Завод изготовил за месяц 180 приборов 3 видов. Приборов первого вида было в 5 раз меньше, чем

Problem Analysis

We are given that a factory produced 180 devices of 3 different types in one month. The number of devices of the first type is 5 times less than the number of devices of the second type, and the number of devices of the third type is equal to the sum of the devices of the first and second types. We need to determine the number of devices of each type that were produced.

Solution

Let's assume the number of devices of the second type is x. Then, the number of devices of the first type is x/5, and the number of devices of the third type is (x + x/5).

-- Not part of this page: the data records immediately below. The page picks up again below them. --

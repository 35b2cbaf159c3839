-- ===== src/Lib.antt =====
-- Verification of the repository's Python code: the parts of Patroni, the high-availability agent of the
-- PostgreSQL cluster in code/postgres-ha, that decide which nodes are synchronous; and the back end of
-- the bank demo in code/bank-cache-demo.
--
-- In Patroni, global_config.py says how many synchronous nodes are wanted, tags.py which nodes may be
-- synchronous, postgresql/sync.py finds the nodes that are, and quorum.py turns these numbers and the
-- `/sync` key of the store (dcs/__init__.py) into safe changes of the key and of PostgreSQL's
-- `synchronous_standby_names`, which ha.py carries out. When the leader is gone, ha.py on each node
-- asks the others for their status (tags and positions), and decides by the key whether the node may
-- lead. Names of nodes are compared without their case by collections.py. The paths below are relative
-- to code/postgres-ha/patroni-master/patroni, and Python's `str.lower` is the instance argument
-- `Casing`.
--
--   Prelude      names of the libraries, Boolean tests, lists, and signed integers over the native ones
--   Collections  collections.py. Sorted: `sorted` and slices; Members, Sets, Overlap: laws of sets by
--                their members and sizes; Dict: `CaseInsensitiveDict`
--   Quorum       quorum.py. State: `QuorumStateResolver` and `check_invariants`. Gen: a generator method
--                as a state that yields, and its exceptions. Updates: `quorum_update`, `sync_update`.
--                Phases: the private methods and `_generate_transitions`. Iterate: `__iter__`. Published,
--                UpdatesSafe, PhasesSafe, Checks, Recover, FailoverSafe, Safety: what an observer of the
--                two settings holds after each transition. Merge, Steady: the other properties
--   Texts        the methods of `str` that are used; Split: joined names are split again
--   Values       documents of JSON and YAML; Lookup: reading a filtered `dict`
--   Tags         tags.py. Priorities: the Boolean tags and the priorities
--   Config       global_config.py. Modes: what is in force, and counts
--   Utils        utils.py. Patch: `patch_config`. PatchReads, PatchSettles, PatchAgain: what it leaves
--                under each name, and patching twice
--   Dcs          dcs/__init__.py. SyncKey: `SyncState` and the writer of the `/sync` key; StatusKey:
--                `Failover`, `TimelineHistory`, `Status`; Members: `Member`, `Leader`, `Cluster`. Written,
--                Matches, Legacy: properties of the keys
--   Sync         postgresql/sync.py. Parser: `parse_sync_standby_names`; Replicas: `_ReplicaList`;
--                Handler: `SyncHandler`. Grammar, Ready, Count, Cascade: their properties
--   Ha           ha.py. Answers: `_MemberStatus`; Node: what a node knows, and its modes; Race:
--                `_is_healthiest_node`; Decision: the manual failover, and whether a failover is
--                possible; Leadership: `is_healthiest_node`. Votes, Asked, Wins, Commits, Candidates,
--                Growth: properties of the race. Writes: `_process_quorum_replication`; Promotion:
--                `process_sync_replication_prepromote`; Multisync: `_process_multisync_replication`.
--                WritesSafe, WritesEnd, PromotionSafe, Nested, MultisyncNested: what they leave in
--                the two settings
--   Background   async_executor.py. Critical: `CriticalTask`; Executor: `AsyncExecutor` as a step
--                relation. Single, Overlap: how many tasks run at a time
--   Watchdog     watchdog/base.py. Settings: `WatchdogConfig`; Device: the interface of a device, and
--                `NullWatchdog`; Guard, Follow: `Watchdog`. Activation, Stuck: properties
--   Bank         code/bank-cache-demo/backend/main.py. Services: Redis and the database, as arguments
--                with their documented behaviour; Money: amounts and balances; Replies: responses and
--                exceptions;
--                Handlers: the endpoints on the state of Redis and the database; Startup: `lifespan`.
--                Updates, Transfers, Cents, Reads, Stale, Score: their properties
--
-- An operation that changes an object takes the object and returns the new one. An exception is a value:
-- `quorum_error` and `assertion_error` of the resolver, `http_error` and `crash` of an endpoint, `none`
-- of a parser. Loops recur on their list. `_should_cascade` recurs on fuel, the depth of its calls,
-- since its recursion need not end; `lifespan` makes the 60 attempts of its loop. The rounds of
-- `_process_quorum_replication` recur on fuel, and `loop_wait + 1` is enough if a sleep takes its time.
--
-- What the store, the database, the other nodes and the clock answer during a call is an argument, for
-- each round and each write; so is the order in which the nodes answer. The writes of a call are
-- listed in their order. `patch_config` copies a `dict` that it stores, where Python shares it with
-- `data`, and `str` of a value is its argument. The list of members that `is_healthiest_node` extends
-- in place is part of the state it returns. A thread of `AsyncExecutor` takes one step for each part
-- of its code that holds the lock; scheduling an action and starting its thread are two steps. A device
-- of the watchdog is an argument with its operations, each of which may fail, except the questions
-- whether it runs and whether it is healthy.
--
-- An amount of money is a fraction, an infinity or `NaN`, as a float is; the column keeps cents or
-- `NaN`, and rounds. A transaction that is not committed leaves the database as it was; a commit or a
-- deletion of keys that fails may have been done. The four products and quotients of floats in the
-- credit score, `parse_int` and `parse_bool` of utils.py, `json.loads`, the date parser, and the
-- matches of the regular expression of sync.py are arguments. White space and digits are ASCII's. A
-- field of a key that the writers fill with a text or `None` counts as missing where a document has
-- another kind of value there.
--
-- Not modelled: logging, failures of the calls of Redis that read or store a key or clear the cache,
-- the statistics and health endpoints, `__delitem__` and the representations of `CaseInsensitiveDict`,
-- the text that `SyncHandler` makes of the synchronous names, the slots of a cluster, the Linux device
-- of the watchdog, and the rest of Patroni: the cycle of ha.py around the race, its failsafe mode and
-- its restarts, the clients of the stores, the management of PostgreSQL, the REST API, the rest of
-- utils.py and the tools.
pub mod Prelude
pub mod Collections
pub mod Quorum
pub mod Texts
pub mod Values
pub mod Tags
pub mod Config
pub mod Utils
pub mod Dcs
pub mod Sync
pub mod Ha
pub mod Background
pub mod Watchdog
pub mod Bank
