-- ===== src/Background.antt =====
-- patroni/async_executor.py: long tasks in threads of their own. Each call that holds the lock is a
-- step on the shared state.
pub mod Critical
pub mod Executor
pub mod Single
pub mod Overlap
mod Tests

According to the problem, the sum of the devices of all three types is 180. Therefore, we can write the equation:

(x) + (x/5) + (x + x/5) = 180

Simplifying the equation:

(6x/5) + (6x/5) = 180

Multiplying both sides of the equation by 5 to eliminate the fraction:

6x + 6x = 900

Combining like terms:

12x = 900

Dividing both sides of the equation by 12:

x = 75

So, the number of devices of the second type is 75. The number of devices of the first type is x/5 = 75/5 = 15, and the number of devices of the third type is (x + x/5) = (75 + 75/5) = 90.

Therefore, the factory produced 15 devices of the first type, 75 devices of the second type, and 90 devices of the third type.

Answer

The factory produced 15 devices of the first type, 75 devices of the second type, and 90 devices of the third type.